We don’t have enough water where we need it; if we don’t learn to deal with drinking toilet water, we’re going to be mighty thirsty. Only 2.5 percent of the water on Earth is freshwater, and less than 1 percent of that is usable and renewable. The Ogallala Aquifer—North America’s largest, stretching from Texas to South Dakota—is steadily being depleted. And Americans are insatiable water consumers—our water footprint has been estimated to be twice the global average (PDF).

The ocean provides another source of potable water. Large-scale treatment of seawater already occurs in the Middle East, Africa, and in Tampa Bay, Fla. Construction of the largest desalination plant in the western hemisphere is supposed to begin this year in Carlsbad, Calif., which would convert 300 million gallons of seawater into 50 million gallons of drinking water each day. Taking the salt out of ocean water sounds like a good idea, but it’s economically and environmentally far more expensive than sewage-water recycling. Orange County water officials estimate desalinated water costs between $800 and $2,000 per acre-foot to produce, while its recycled water runs about $525 per acre-foot. Desalination also uses more energy (and thus produces more greenhouse gas emissions), kills tiny marine organisms that get sucked up into the processing plant, and produces a brine byproduct laced with chemicals that goes back into the ocean.

What desalination doesn’t have, though, is the “yuck” factor of recycled sewage water.  But seawater, like other sources of nonrecycled water, is at least as yucky as whatever comes through a toilet-to-tap program. When you know how dirty all this water is before treatment, recycling raw sewage doesn’t seem like a bad option. Hundreds of millions of tons of sewage are dumped into rivers and oceans, and in that waste are bacteria, hormones, and pharmaceuticals. Runoff from rainwater, watering lawns, or emptying pools is the worst, sending metals, pesticides, and pathogens into lakes, rivers, and the ocean. The water you find near the end of a river system like the Colorado or the Mississippi (which feeds big cities like San Diego and New Orleans) has been in and out of municipal sewers several times.

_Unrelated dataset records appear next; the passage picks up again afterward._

-- ===== src/Apiserver/Message/Succeeds.antt =====
-- When FormatRequestMessage can seal a factor.
use test_fabric.Base.{
  ℕ, zero, suc, String, ◌≡◌, refl, List, [], ◌∷◌, ◌++◌, ok, All, Bool-cases, Option-cases, inl, inr,
}
use test_fabric.Base.Go.{done}
use test_fabric.Apiserver.Define.{Factor, Message}
use test_fabric.Apiserver.Host.{Host, Ciphers}
use test_fabric.Apiserver.Crypto.{
  slice_to, block_size, derive, read_file, generate_key, draw_key, aes_encrypt, ecies_encrypt,
}
use test_fabric.Apiserver.Message.{is_sealed, cert_path, seal_keys, seal_data, make_message}
use test_fabric.Base.Dict.{insert}
use test_fabric.Apiserver.Message.Seal.{sealed_message}
use test_fabric.Apiserver.Message.Trust.{HoldsFile, AesLaws, read_file-HoldsFile}

-- A user whose certificate is at hand and can seal any text.
pub record CanSeal (host : Host) (ciphers : Ciphers host.World) (user : String) : Type 0 where
  pub cert : String
  pub cert_held : HoldsFile host (cert_path user) cert
  pub certificate : ciphers.Certificate
  pub public_key : ciphers.PublicKey
  pub sealer : ciphers.Sealer
  pub certificate_read : ciphers.pem_to_certificate cert ≡ ok certificate
  pub public_key_made : ciphers.new_public_key certificate ≡ ok public_key
  pub sealer_made : ciphers.new_sealer public_key ≡ ok sealer
  pub seals :
      (text : String) (w : host.World) → (c : String) × ((ciphers.seal sealer text w).0 ≡ ok c)

-- AES takes every derived key.
pub record TakesKeys {World : Type 0} (ciphers : Ciphers World) : Type 0 where
  pub made : (key : String) → (b : ciphers.Block) × (ciphers.new_cipher (derive ciphers key) ≡ ok b)

module _ (host : Host) (ciphers : Ciphers host.World) where
  draw_key-done :
      (r : host.Source) (rounds : ℕ) (key : String) (w : host.World)
      → (k : String) × ((draw_key host r rounds key w).0 ≡ done k)
  unfolding draw_key
  draw_key-done r zero key w = (key, refl)
  draw_key-done r (suc rounds) key w = draw_key-done r rounds _ _

  pub generate_key-done :
      (bitsize : ℕ) (w : host.World) → (k : String) × ((generate_key host bitsize w).0 ≡ done k)
  unfolding generate_key
  generate_key-done bitsize w = draw_key-done (host.new_source w).0 _ "" (host.new_source w).1

  seal_keys-done :
      (key : String) (users : List String) (keys : List (String × String)) (w : host.World)
      → All (CanSeal host ciphers) users
      → (out : List (String × String)) × ((seal_keys host ciphers key users keys w).0
          ≡ done (ok out))
  unfolding seal_keys ecies_encrypt
  seal_keys-done key [] keys w all = (keys, refl)
  seal_keys-done key (user ∷ users) keys w (can, all) =
      let read = read_file-HoldsFile host (cert_path user) can.cert can.cert_held w in
      let w1 = (read_file host (cert_path user) w).1 in
      let (c, sealed) = can.seals key w1 in
      let (out, rest) =
        seal_keys-done key users (insert user c keys) (ciphers.seal can.sealer key w1).1 all in
      (out, rw (read, can.certificate_read, can.public_key_made, can.sealer_made, sealed) rest)

  aes_encrypt-done :
      (text key : String) (w : host.World)
      → AesLaws ciphers
      → TakesKeys ciphers
      → (c : String) × ((aes_encrypt ciphers text key w).0 ≡ done (ok c))
  unfolding aes_encrypt
  aes_encrypt-done text key w laws takes =
      elim (Option-cases (slice_to block_size (derive ciphers key))) [
        | inl short ↦ absurd (laws.is_long key "\u{1}" short)
        | inr (iv, sliced) ↦
            let (b, made) = takes.made key in (ciphers.encrypt_stream b iv text, rw (sliced, made))
      ]

  seal_data-done :
      (request : Factor) (key : String) (w : host.World)
      → AesLaws ciphers
      → TakesKeys ciphers
      → All (CanSeal host ciphers) (request.receiver ++ request.sender ∷ [])
      → (m : Message) × ((seal_data host ciphers request key w).0 ≡ done (ok m))
  unfolding seal_data
  seal_data-done request key w laws takes all =
      let (c, encrypted) = aes_encrypt-done request.tx_data key w laws takes in
      let (keys, sealed) =
        seal_keys-done key (request.receiver ++ request.sender ∷ []) []
          (aes_encrypt ciphers request.tx_data key w).1 all in
      (sealed_message host ciphers request c keys, rw (encrypted, sealed))

  -- If keys are long enough for AES, AES takes them, and every receiver and the sender have a
  -- certificate at hand that can seal, then a factor becomes a message, whatever the random key is
  -- and whether or not it is to be sealed.
  pub make_message-done :
      (request : Factor) (w : host.World)
      → AesLaws ciphers
      → TakesKeys ciphers
      → All (CanSeal host ciphers) (request.receiver ++ request.sender ∷ [])
      → (m : Message) × ((make_message host ciphers request w).0 ≡ done (ok m))
  unfolding make_message
  make_message-done request w laws takes all =
      let (key, drawn) = generate_key-done 32 w in
      elim (Bool-cases (is_sealed request.crypto_flag)) [
        | inl flag ↦
            let (m, made) = seal_data-done request key (generate_key host 32 w).1 laws takes all in
            (m, rw (drawn, flag) made)
        | inr plain ↦
            (record { factor = request; peersafe_data = record { keys = [] } }, rw (drawn, plain))
      ]
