-- ===== src/Apiserver/Message/Always.antt =====
-- FormatRequestMessage on any factor: it returns, with a text or with an error.
use test_fabric.Base.{String, refl, List, [], ◌∷◌, ◌++◌, ok, Bool-cases, Option-cases, inl, inr}
use test_fabric.Base.Go.{pure}
use test_fabric.Base.Total.{IsTotal, bind-IsTotal, on_ok-IsTotal, call-IsTotal}
use test_fabric.Apiserver.Define.{Factor}
use test_fabric.Apiserver.Host.{Host, Ciphers, Codec}
use test_fabric.Apiserver.Crypto.{
  slice_to, block_size, derive, read_file, generate_key, aes_encrypt, ecies_encrypt,
}
use test_fabric.Base.Dict.{insert}
use test_fabric.Apiserver.Message.{
  is_sealed, cert_path, wrap, seal_keys, seal_data, make_message, encode, format_request_message,
}
use test_fabric.Apiserver.Message.Trust.{AesLaws}
use test_fabric.Apiserver.Message.Total.{HasSizes, read_file-done}
use test_fabric.Apiserver.Message.Succeeds.{generate_key-done}

module _ (host : Host) (ciphers : Ciphers host.World) (sizes : HasSizes host)
    (laws : AesLaws ciphers) where
  ecies_encrypt-IsTotal : (text key : String) → IsTotal (ecies_encrypt ciphers text key)
  unfolding ecies_encrypt
  ecies_encrypt-IsTotal text key = on_ok-IsTotal (ciphers.pem_to_certificate key) _ λ cert.
      on_ok-IsTotal (ciphers.new_public_key cert) _ λ tmp_pub_key.
        on_ok-IsTotal (ciphers.new_sealer tmp_pub_key) _
          λ public_key. call-IsTotal (ciphers.seal public_key text)

  seal_keys-IsTotal :
      (key : String) (users : List String) (keys : List (String × String))
      → IsTotal (seal_keys host ciphers key users keys)
  unfolding seal_keys
  seal_keys-IsTotal key [] keys = λ w. (ok keys, refl)
  seal_keys-IsTotal key (user ∷ users) keys =
      bind-IsTotal (read_file host (cert_path user)) _
        (read_file-done host ciphers sizes (cert_path user))
        λ cert. on_ok-IsTotal (wrap _ cert) _ λ cert.
          bind-IsTotal (ecies_encrypt ciphers key cert) _ (ecies_encrypt-IsTotal key cert)
            λ crypto_key.
              on_ok-IsTotal (wrap _ crypto_key) _
                λ crypto_key. seal_keys-IsTotal key users (insert user crypto_key keys)

  aes_encrypt-IsTotal : (text key : String) → IsTotal (aes_encrypt ciphers text key)
  unfolding aes_encrypt
  aes_encrypt-IsTotal text key w = elim (Option-cases (slice_to block_size (derive ciphers key))) [
    | inl short ↦ absurd (laws.is_long key "\u{1}" short)
    | inr (iv, sliced) ↦
        let (r, e) =
          on_ok-IsTotal (ciphers.new_cipher (derive ciphers key))
            (λ block. pure (ok (ciphers.encrypt_stream block iv text))) (λ block v. (_, refl)) w in
        (r, rw sliced e)
  ]

  seal_data-IsTotal :
      (request : Factor) (key : String) → IsTotal (seal_data host ciphers request key)
  unfolding seal_data
  seal_data-IsTotal request key =
      bind-IsTotal (aes_encrypt ciphers request.tx_data key) _
        (aes_encrypt-IsTotal request.tx_data key)
        λ crypto_data. on_ok-IsTotal (wrap _ crypto_data) _ λ crypto_data.
          bind-IsTotal (seal_keys host ciphers key (request.receiver ++ request.sender ∷ []) []) _
            (seal_keys-IsTotal key (request.receiver ++ request.sender ∷ []) [])
            λ keys. on_ok-IsTotal keys _ λ keys w. (_, refl)

  make_message-IsTotal : (request : Factor) → IsTotal (make_message host ciphers request)
  unfolding make_message
  make_message-IsTotal request =
      bind-IsTotal (generate_key host 32) _ (generate_key-done host ciphers 32) λ key.
        elim (Bool-cases (is_sealed request.crypto_flag)) [
          | inl flag ↦ rw flag (seal_data-IsTotal request key)
          | inr plain ↦ rw plain (λ w. (_, refl))
        ]

  -- On a host whose opened files have sizes, and if the derived keys are long enough for AES,
  -- FormatRequestMessage never panics, whatever the factor, the files and the ciphers are.
  pub format_request_message-IsTotal :
      (codec : Codec) (request : Factor)
      → IsTotal (format_request_message host ciphers codec request)
  unfolding format_request_message
  format_request_message-IsTotal codec request =
      bind-IsTotal (make_message host ciphers request) _ (make_message-IsTotal request)
        λ message w. (encode host ciphers codec message, refl)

Whatever winds up in lakes and rivers used for drinking is cleaned and disinfected along with the rest of our water supply. Still, a recent analysis of San Diego’s drinking water found several contaminants, including ibuprofen, the bug repellent DEET, and the anti-anxiety drug meprobamate. No treatment system will ever be 100-percent reliable, and skeptics who worry that pathogens in sewage water will make it past treatment and into our drinking water should worry about all drinking water, not just the water in a toilet-to-tap program. The fact is, supertreated wastewater is clean enough to drink right after treatment. It’s been used safely this way (in a process known as direct potable reuse) for years in the African nation of Namibia. The EPA has conducted research in Denver and San Diego on the safety of direct potable reuse and found recycled water is often of better quality than existing drinking water. And although putting water into the ground, rivers, or lakes provides some additional filtering and more opportunities for monitoring quality, the benefits of doing it that way are largely psychological. In its 2004 report (PDF) on the topic, the EPA concluded that Americans perceive this water to be “laundered” as it moves through the ground or other bodies of water, even though in some instances, according to the report, “quality may actually be degraded as it passes through the environment.”

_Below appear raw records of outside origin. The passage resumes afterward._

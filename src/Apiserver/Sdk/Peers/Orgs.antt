-- ===== src/Apiserver/Sdk/Peers/Orgs.antt =====
-- The table of organisations that SetSendPeerOrder makes, and the peers that are chosen from it.
use test_fabric.Base.{
  String, ◌≡◌, refl, sym, subst, ◌⊎◌, inl, inr, Bool, true, false, Bool-cases, ◌||◌, if◌then◌else◌,
  Option, none, Error, List, [], ◌∷◌, ◌++◌, In, All, ok, length, ◌==◌, eq_iff, arith, map,
}
use test_fabric.Base.Dict.{insert}
use test_fabric.Base.Go.{done}
use test_fabric.Apiserver.Sdk.Peers.{
  PeerConfig, ClientConfig, is_empty, Policy, Sdk, Network, contains_str, peers_of, add_peers,
  set_peers, set_send_peer_order, get_send_peer_name,
}
use test_fabric.Apiserver.Sdk.Peers.Ready.{empty_sdk, IsEligible}
use test_fabric.Apiserver.Sdk.Peers.Choice.{DrawsBelow, PickedFrom}
use test_fabric.Apiserver.Sdk.Peers.Calls.{started, get_send_peer_name-IsEligible}

abbrev pub keys : List (String × List String) → List String
keys m = map (λ entry. entry.0) m

abbrev pub NoTwice : List String → Type 0
NoTwice [] = Unit
NoTwice (x ∷ xs) = (¬ In x xs) × NoTwice xs

-- An organisation of the policy that has a configured peer.
abbrev pub HasPeer : List String → List PeerConfig → String → Type 0
HasPeer orgs peers org =
    (v : PeerConfig) × In v peers × (contains_str orgs v.org_name ≡ true) × (v.org_name ≡ org)

module _ (name : String) (value : List String) where
  keys-insert :
      (org : String) (m : List (String × List String))
      → In org (keys (insert name value m))
      → (name ≡ org) ⊎ In org (keys m)
  unfolding insert
  keys-insert org [] i = i
  keys-insert org (entry ∷ m) i = elim (Bool-cases (entry.0 == name)) [
    | inl same ↦
        let here : (name ≡ org) ⊎ In org (keys m) = rw same at i in
        elim here [ inl e ↦ inl e | inr j ↦ inr (inr j) ]
    | inr other ↦
        let here : (entry.0 ≡ org) ⊎ In org (keys (insert name value m)) = rw other at i in
        elim here [
          | inl e ↦ inr (inl e)
          | inr j ↦ elim (keys-insert org m j) [ inl e ↦ inl e | inr k ↦ inr (inr k) ]
        ]
  ]

  insert-keys :
      (org : String) (m : List (String × List String))
      → (name ≡ org) ⊎ In org (keys m)
      → In org (keys (insert name value m))
  unfolding insert
  insert-keys org [] i = i
  insert-keys org (entry ∷ m) i = elim (Bool-cases (entry.0 == name)) [
    | inl same ↦
        let first : entry.0 ≡ name = (eq_iff entry.0 name).0 same in
        rw same (elim i [
          | inl e ↦ inl e
          | inr (inl e) ↦ inl (subst (λ n. n ≡ org) first e)
          | inr (inr j) ↦ inr j
        ])
    | inr other ↦ rw other (elim i [
      | inl e ↦ inr (insert-keys org m (inl e))
      | inr (inl e) ↦ inl e
      | inr (inr j) ↦ inr (insert-keys org m (inr j))
    ])
  ]

  insert-NoTwice :
      (m : List (String × List String)) → NoTwice (keys m) → NoTwice (keys (insert name value m))
  unfolding insert
  insert-NoTwice [] once = ((λ i. i), tt)
  insert-NoTwice (entry ∷ m) (new, once) = elim (Bool-cases (entry.0 == name)) [
    | inl same ↦
        let first : entry.0 ≡ name = (eq_iff entry.0 name).0 same in
        rw same (subst (λ n. ¬ In n (keys m)) first new, once)
    | inr other ↦ rw other (
      (λ i. elim (keys-insert entry.0 m i) [
        | inl e ↦ absurd (ground (arith, eq_iff entry.0 name, sym e))
        | inr j ↦ absurd (new j)
      ]),
      insert-NoTwice m once,
    )
  ]

module _ (orgs : List String) where
  -- An organisation stands in the table if it did before, or is one of the policy with a peer.
  add_peers-HasPeer :
      (peers : List PeerConfig) (m : List (String × List String)) (org : String)
      → In org (keys (add_peers orgs peers m))
      → In org (keys m) ⊎ HasPeer orgs peers org
  unfolding add_peers
  add_peers-HasPeer [] m org i = inl i
  add_peers-HasPeer (v ∷ peers) m org i = elim (Bool-cases (contains_str orgs v.org_name)) [
    | inl named ↦
        let names = peers_of v.host m ++ v.name ∷ [] in
        elim (add_peers-HasPeer peers (insert v.org_name names m) org (rw named at i)) [
          | inl j ↦ elim (keys-insert v.org_name names org m j) [
            | inl e ↦ inr (v, inl refl, named, e)
            | inr k ↦ inl k
          ]
          | inr (x, j, has, same) ↦ inr (x, inr j, has, same)
        ]
    | inr dropped ↦ elim (add_peers-HasPeer peers m org (rw dropped at i)) [
      | inl j ↦ inl j
      | inr (x, j, has, same) ↦ inr (x, inr j, has, same)
    ]
  ]

  HasPeer-add_peers :
      (peers : List PeerConfig) (m : List (String × List String)) (org : String)
      → In org (keys m) ⊎ HasPeer orgs peers org
      → In org (keys (add_peers orgs peers m))
  unfolding add_peers
  HasPeer-add_peers [] m org (inl i) = i
  HasPeer-add_peers [] m org (inr (v, i, has, same)) = absurd i
  HasPeer-add_peers (v ∷ peers) m org i = elim (Bool-cases (contains_str orgs v.org_name)) [
    | inl named ↦
        let names = peers_of v.host m ++ v.name ∷ [] in
        let later = HasPeer-add_peers peers (insert v.org_name names m) org in
        let put = insert-keys v.org_name names org m in
        rw named (elim i [
          | inl j ↦ later (inl (put (inr j)))
          | inr (x, inl e, has, same) ↦
              later (inl (put (inl (subst (λ y. y.org_name ≡ org) (sym e) same))))
          | inr (x, inr j, has, same) ↦ later (inr (x, j, has, same))
        ])
    | inr dropped ↦ rw dropped (elim i [
      | inl j ↦ HasPeer-add_peers peers m org (inl j)
      | inr (x, inl e, has, same) ↦
          let named : contains_str orgs v.org_name ≡ true =
            subst (λ y. contains_str orgs y.org_name ≡ true) (sym e) has in
          cc
      | inr (x, inr j, has, same) ↦ HasPeer-add_peers peers m org (inr (x, j, has, same))
    ])
  ]

  add_peers-NoTwice :
      (peers : List PeerConfig) (m : List (String × List String))
      → NoTwice (keys m)
      → NoTwice (keys (add_peers orgs peers m))
  unfolding add_peers
  add_peers-NoTwice [] m once = once
  add_peers-NoTwice (v ∷ peers) m once = elim (Bool-cases (contains_str orgs v.org_name)) [
    | inl named ↦
        let names = peers_of v.host m ++ v.name ∷ [] in
        rw named (
          add_peers-NoTwice peers (insert v.org_name names m)
            (insert-NoTwice v.org_name names m once))
    | inr dropped ↦ rw dropped (add_peers-NoTwice peers m once)
  ]

-- The table has each organisation of the policy with a configured peer, once, and no others.
abbrev pub AreOrgs : Policy → ClientConfig → List (String × List String) → Type 0
AreOrgs policy config m =
    NoTwice (keys m)
    × ((org : String) → In org (keys m) → HasPeer policy.orgs config.peers org)
    × ((org : String) → HasPeer policy.orgs config.peers org → In org (keys m))

module _ (policy : Policy) (config : ClientConfig) where
  add_peers-AreOrgs : AreOrgs policy config (add_peers policy.orgs config.peers [])
  add_peers-AreOrgs = (
    add_peers-NoTwice policy.orgs config.peers [] tt,
    λ org i. elim (add_peers-HasPeer policy.orgs config.peers [] org i) [
      | inl j ↦ absurd j
      | inr has ↦ has
    ],
    λ org has. HasPeer-add_peers policy.orgs config.peers [] org (inr has),
  )

  branch-org_map :
      (table : List (String × List String)) (b : Bool) (x y : Option Error × Sdk)
      → (b ≡ true → table ≡ x.1.org_map)
      → (b ≡ false → table ≡ y.1.org_map)
      → table ≡ (if b then x else y).1.org_map
  branch-org_map table true x y h k = h refl
  branch-org_map table false x y h k = k refl

  started-org_map :
      (set_send_peer_order policy (ok config) empty_sdk).0 ≡ none
      → add_peers policy.orgs config.peers [] ≡ (started policy config).org_map
  unfolding set_send_peer_order set_peers
  started-org_map accepted =
      let table = add_peers policy.orgs config.peers [] in
      branch-org_map table (is_empty policy.orgs || policy.rule == "") _ _ (λ bad. ground arith)
        (λ good.
          branch-org_map table (is_empty config.orderers) _ _ (λ unordered. ground arith)
            (λ ordered.
              branch-org_map table (policy.rule == "or") _ _ (λ rule_or. refl) (λ other. refl)))

module _ {World : Type 0} (network : Network World) (draws : DrawsBelow network) (policy : Policy)
    (config : ClientConfig)
    (accepted : (set_send_peer_order policy (ok config) empty_sdk).0 ≡ none) where
  -- If SetSendPeerOrder accepts the configuration and `rand.Intn` draws below its bound,
  -- GetSendPeerName never panics and returns only configured peers of organisations of the policy:
  -- one under the rule "or". Under the rule "and" it returns one from each entry of a table that has
  -- every organisation of the policy with a configured peer once, and no other.
  pub get_send_peer_name-AreOrgs :
      (w : World)
      → (names : List String) × ((get_send_peer_name network policy (started policy config) w).0
          ≡ done names)
        × All (IsEligible policy config) names
        × (policy.rule ≡ "or" → length names ≡ 1)
        × (policy.rule ≡ "and"
            → PickedFrom (started policy config).org_map names
              × AreOrgs policy config (started policy config).org_map)
  get_send_peer_name-AreOrgs w =
      let (names, e, all, single, each) =
        get_send_peer_name-IsEligible network draws policy config accepted w in
      (
        names,
        e,
        all,
        single,
        λ rule_and. (
          each rule_and,
          subst (AreOrgs policy config) (started-org_map policy config accepted)
              (add_peers-AreOrgs policy config),
        ),
      )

Despite the public’s concerns, a few U.S. cities have already started to use recycled wastewater to augment drinking water. In El Paso, Texas, indirect potable reuse supplies 2 percent of the city’s drinking water; in Fairfax, Va., it supplies 5 percent. * Unless we discover a new source of clean, potable water, we’re going to have to consider projects like these to make wastewater a reusable resource. The upfront costs for getting a system in place and educating the public may be steep, but it would save us the expense—both economic and environmental—of finding  another river or lake from which we can divert water.

Correction, Aug. 3, 2011: This article originally stated that indirect potable reuse supplies 40 percent of El Paso’s drinking water. That number was 20 times too high. (Return to the corrected sentence.)